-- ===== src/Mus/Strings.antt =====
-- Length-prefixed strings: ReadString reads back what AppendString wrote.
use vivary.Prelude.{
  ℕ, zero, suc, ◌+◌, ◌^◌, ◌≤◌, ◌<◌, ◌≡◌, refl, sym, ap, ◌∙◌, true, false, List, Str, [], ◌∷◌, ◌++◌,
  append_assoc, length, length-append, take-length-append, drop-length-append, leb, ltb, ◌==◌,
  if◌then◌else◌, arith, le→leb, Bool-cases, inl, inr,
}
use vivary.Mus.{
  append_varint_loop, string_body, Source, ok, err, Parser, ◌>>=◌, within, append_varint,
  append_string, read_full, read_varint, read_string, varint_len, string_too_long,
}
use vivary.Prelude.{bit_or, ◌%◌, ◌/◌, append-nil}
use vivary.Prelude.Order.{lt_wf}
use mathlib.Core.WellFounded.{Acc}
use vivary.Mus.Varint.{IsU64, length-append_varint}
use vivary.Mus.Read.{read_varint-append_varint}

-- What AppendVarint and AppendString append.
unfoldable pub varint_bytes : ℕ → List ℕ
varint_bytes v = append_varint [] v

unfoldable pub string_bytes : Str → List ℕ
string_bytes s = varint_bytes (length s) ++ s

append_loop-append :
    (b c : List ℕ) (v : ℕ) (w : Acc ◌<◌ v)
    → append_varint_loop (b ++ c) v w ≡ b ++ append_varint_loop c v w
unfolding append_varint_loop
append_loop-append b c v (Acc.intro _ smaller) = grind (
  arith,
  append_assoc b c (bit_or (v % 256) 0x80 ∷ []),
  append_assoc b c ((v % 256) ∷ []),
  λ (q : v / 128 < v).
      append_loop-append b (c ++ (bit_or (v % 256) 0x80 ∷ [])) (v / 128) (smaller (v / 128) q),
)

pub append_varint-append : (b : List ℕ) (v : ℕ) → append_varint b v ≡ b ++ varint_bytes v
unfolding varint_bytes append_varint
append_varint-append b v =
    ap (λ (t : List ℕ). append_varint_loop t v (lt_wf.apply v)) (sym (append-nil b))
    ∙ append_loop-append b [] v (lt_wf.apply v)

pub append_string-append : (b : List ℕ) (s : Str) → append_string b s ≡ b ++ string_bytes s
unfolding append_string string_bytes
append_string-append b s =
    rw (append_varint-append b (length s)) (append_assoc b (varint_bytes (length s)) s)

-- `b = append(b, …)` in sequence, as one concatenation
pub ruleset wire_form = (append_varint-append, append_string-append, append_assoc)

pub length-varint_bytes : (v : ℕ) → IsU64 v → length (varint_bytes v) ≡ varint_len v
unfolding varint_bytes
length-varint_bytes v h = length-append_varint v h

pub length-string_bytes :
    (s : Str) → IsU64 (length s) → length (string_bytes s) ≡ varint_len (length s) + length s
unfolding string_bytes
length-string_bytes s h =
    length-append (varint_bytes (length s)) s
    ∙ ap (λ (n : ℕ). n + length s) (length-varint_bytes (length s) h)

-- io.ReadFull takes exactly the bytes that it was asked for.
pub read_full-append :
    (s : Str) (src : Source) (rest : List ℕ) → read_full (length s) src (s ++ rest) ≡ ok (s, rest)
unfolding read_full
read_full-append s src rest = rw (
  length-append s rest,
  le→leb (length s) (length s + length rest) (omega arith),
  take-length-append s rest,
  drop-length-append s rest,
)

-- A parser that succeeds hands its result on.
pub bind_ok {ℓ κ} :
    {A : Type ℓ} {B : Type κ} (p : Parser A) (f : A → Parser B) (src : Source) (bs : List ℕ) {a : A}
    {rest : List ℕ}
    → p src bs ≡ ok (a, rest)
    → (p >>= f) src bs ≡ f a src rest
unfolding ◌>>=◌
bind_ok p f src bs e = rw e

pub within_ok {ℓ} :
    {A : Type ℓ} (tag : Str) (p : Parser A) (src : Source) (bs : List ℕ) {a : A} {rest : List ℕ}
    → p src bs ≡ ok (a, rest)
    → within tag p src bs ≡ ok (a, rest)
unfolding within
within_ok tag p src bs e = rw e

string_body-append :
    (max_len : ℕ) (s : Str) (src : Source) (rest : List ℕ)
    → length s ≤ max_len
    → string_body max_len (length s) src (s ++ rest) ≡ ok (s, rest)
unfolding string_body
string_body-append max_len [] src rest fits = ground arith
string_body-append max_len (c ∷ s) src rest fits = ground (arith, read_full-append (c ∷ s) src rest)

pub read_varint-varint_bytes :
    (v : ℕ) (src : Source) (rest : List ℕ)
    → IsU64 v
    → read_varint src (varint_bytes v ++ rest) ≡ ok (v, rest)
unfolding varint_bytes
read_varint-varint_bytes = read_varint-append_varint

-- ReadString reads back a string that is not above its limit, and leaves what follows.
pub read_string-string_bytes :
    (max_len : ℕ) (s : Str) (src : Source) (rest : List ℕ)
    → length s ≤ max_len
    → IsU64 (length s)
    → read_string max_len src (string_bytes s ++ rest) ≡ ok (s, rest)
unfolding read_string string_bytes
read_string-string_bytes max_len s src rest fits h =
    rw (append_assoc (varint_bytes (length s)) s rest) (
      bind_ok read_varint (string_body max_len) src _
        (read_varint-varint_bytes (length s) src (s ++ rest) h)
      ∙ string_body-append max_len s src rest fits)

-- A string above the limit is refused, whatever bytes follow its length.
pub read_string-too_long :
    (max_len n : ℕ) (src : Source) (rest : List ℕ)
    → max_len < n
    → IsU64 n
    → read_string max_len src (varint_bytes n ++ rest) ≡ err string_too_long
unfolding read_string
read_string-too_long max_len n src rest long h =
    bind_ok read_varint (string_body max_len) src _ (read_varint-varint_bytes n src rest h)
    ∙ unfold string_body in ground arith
===
> **WORK TASK**
With no line skipped, output the listing in full.

> **RESPONSE TO THIS TASK**
-- ===== src/Mus/Strings.antt =====
-- Length-prefixed strings: ReadString reads back what AppendString wrote.
use vivary.Prelude.{
  ℕ, zero, suc, ◌+◌, ◌^◌, ◌≤◌, ◌<◌, ◌≡◌, refl, sym, ap, ◌∙◌, true, false, List, Str, [], ◌∷◌, ◌++◌,
  append_assoc, length, length-append, take-length-append, drop-length-append, leb, ltb, ◌==◌,
  if◌then◌else◌, arith, le→leb, Bool-cases, inl, inr,
}
use vivary.Mus.{
  append_varint_loop, string_body, Source, ok, err, Parser, ◌>>=◌, within, append_varint,
  append_string, read_full, read_varint, read_string, varint_len, string_too_long,
}
use vivary.Prelude.{bit_or, ◌%◌, ◌/◌, append-nil}
use vivary.Prelude.Order.{lt_wf}
use mathlib.Core.WellFounded.{Acc}
use vivary.Mus.Varint.{IsU64, length-append_varint}
use vivary.Mus.Read.{read_varint-append_varint}

-- What AppendVarint and AppendString append.
unfoldable pub varint_bytes : ℕ → List ℕ
varint_bytes v = append_varint [] v

unfoldable pub string_bytes : Str → List ℕ
string_bytes s = varint_bytes (length s) ++ s

append_loop-append :
    (b c : List ℕ) (v : ℕ) (w : Acc ◌<◌ v)
    → append_varint_loop (b ++ c) v w ≡ b ++ append_varint_loop c v w
unfolding append_varint_loop
append_loop-append b c v (Acc.intro _ smaller) = grind (
  arith,
  append_assoc b c (bit_or (v % 256) 0x80 ∷ []),
  append_assoc b c ((v % 256) ∷ []),
  λ (q : v / 128 < v).
      append_loop-append b (c ++ (bit_or (v % 256) 0x80 ∷ [])) (v / 128) (smaller (v / 128) q),
)

pub append_varint-append : (b : List ℕ) (v : ℕ) → append_varint b v ≡ b ++ varint_bytes v
unfolding varint_bytes append_varint
append_varint-append b v =
    ap (λ (t : List ℕ). append_varint_loop t v (lt_wf.apply v)) (sym (append-nil b))
    ∙ append_loop-append b [] v (lt_wf.apply v)

pub append_string-append : (b : List ℕ) (s : Str) → append_string b s ≡ b ++ string_bytes s
unfolding append_string string_bytes
append_string-append b s =
    rw (append_varint-append b (length s)) (append_assoc b (varint_bytes (length s)) s)

-- `b = append(b, …)` in sequence, as one concatenation
pub ruleset wire_form = (append_varint-append, append_string-append, append_assoc)

pub length-varint_bytes : (v : ℕ) → IsU64 v → length (varint_bytes v) ≡ varint_len v
unfolding varint_bytes
length-varint_bytes v h = length-append_varint v h

pub length-string_bytes :
    (s : Str) → IsU64 (length s) → length (string_bytes s) ≡ varint_len (length s) + length s
unfolding string_bytes
length-string_bytes s h =
    length-append (varint_bytes (length s)) s
    ∙ ap (λ (n : ℕ). n + length s) (length-varint_bytes (length s) h)

-- io.ReadFull takes exactly the bytes that it was asked for.
pub read_full-append :
    (s : Str) (src : Source) (rest : List ℕ) → read_full (length s) src (s ++ rest) ≡ ok (s, rest)
unfolding read_full
read_full-append s src rest = rw (
  length-append s rest,
  le→leb (length s) (length s + length rest) (omega arith),
  take-length-append s rest,
  drop-length-append s rest,
)

-- A parser that succeeds hands its result on.
pub bind_ok {ℓ κ} :
    {A : Type ℓ} {B : Type κ} (p : Parser A) (f : A → Parser B) (src : Source) (bs : List ℕ) {a : A}
    {rest : List ℕ}
    → p src bs ≡ ok (a, rest)
    → (p >>= f) src bs ≡ f a src rest
unfolding ◌>>=◌
bind_ok p f src bs e = rw e

pub within_ok {ℓ} :
    {A : Type ℓ} (tag : Str) (p : Parser A) (src : Source) (bs : List ℕ) {a : A} {rest : List ℕ}
    → p src bs ≡ ok (a, rest)
    → within tag p src bs ≡ ok (a, rest)
unfolding within
within_ok tag p src bs e = rw e

string_body-append :
    (max_len : ℕ) (s : Str) (src : Source) (rest : List ℕ)
    → length s ≤ max_len
    → string_body max_len (length s) src (s ++ rest) ≡ ok (s, rest)
unfolding string_body
string_body-append max_len [] src rest fits = ground arith
string_body-append max_len (c ∷ s) src rest fits = ground (arith, read_full-append (c ∷ s) src rest)

pub read_varint-varint_bytes :
    (v : ℕ) (src : Source) (rest : List ℕ)
    → IsU64 v
    → read_varint src (varint_bytes v ++ rest) ≡ ok (v, rest)
unfolding varint_bytes
read_varint-varint_bytes = read_varint-append_varint

-- ReadString reads back a string that is not above its limit, and leaves what follows.
pub read_string-string_bytes :
    (max_len : ℕ) (s : Str) (src : Source) (rest : List ℕ)
    → length s ≤ max_len
    → IsU64 (length s)
    → read_string max_len src (string_bytes s ++ rest) ≡ ok (s, rest)
unfolding read_string string_bytes
read_string-string_bytes max_len s src rest fits h =
    rw (append_assoc (varint_bytes (length s)) s rest) (
      bind_ok read_varint (string_body max_len) src _
        (read_varint-varint_bytes (length s) src (s ++ rest) h)
      ∙ string_body-append max_len s src rest fits)

-- A string above the limit is refused, whatever bytes follow its length.
pub read_string-too_long :
    (max_len n : ℕ) (src : Source) (rest : List ℕ)
    → max_len < n
    → IsU64 n
    → read_string max_len src (varint_bytes n ++ rest) ≡ err string_too_long
unfolding read_string
read_string-too_long max_len n src rest long h =
    bind_ok read_varint (string_body max_len) src _ (read_varint-varint_bytes n src rest h)
    ∙ unfold string_body in ground arith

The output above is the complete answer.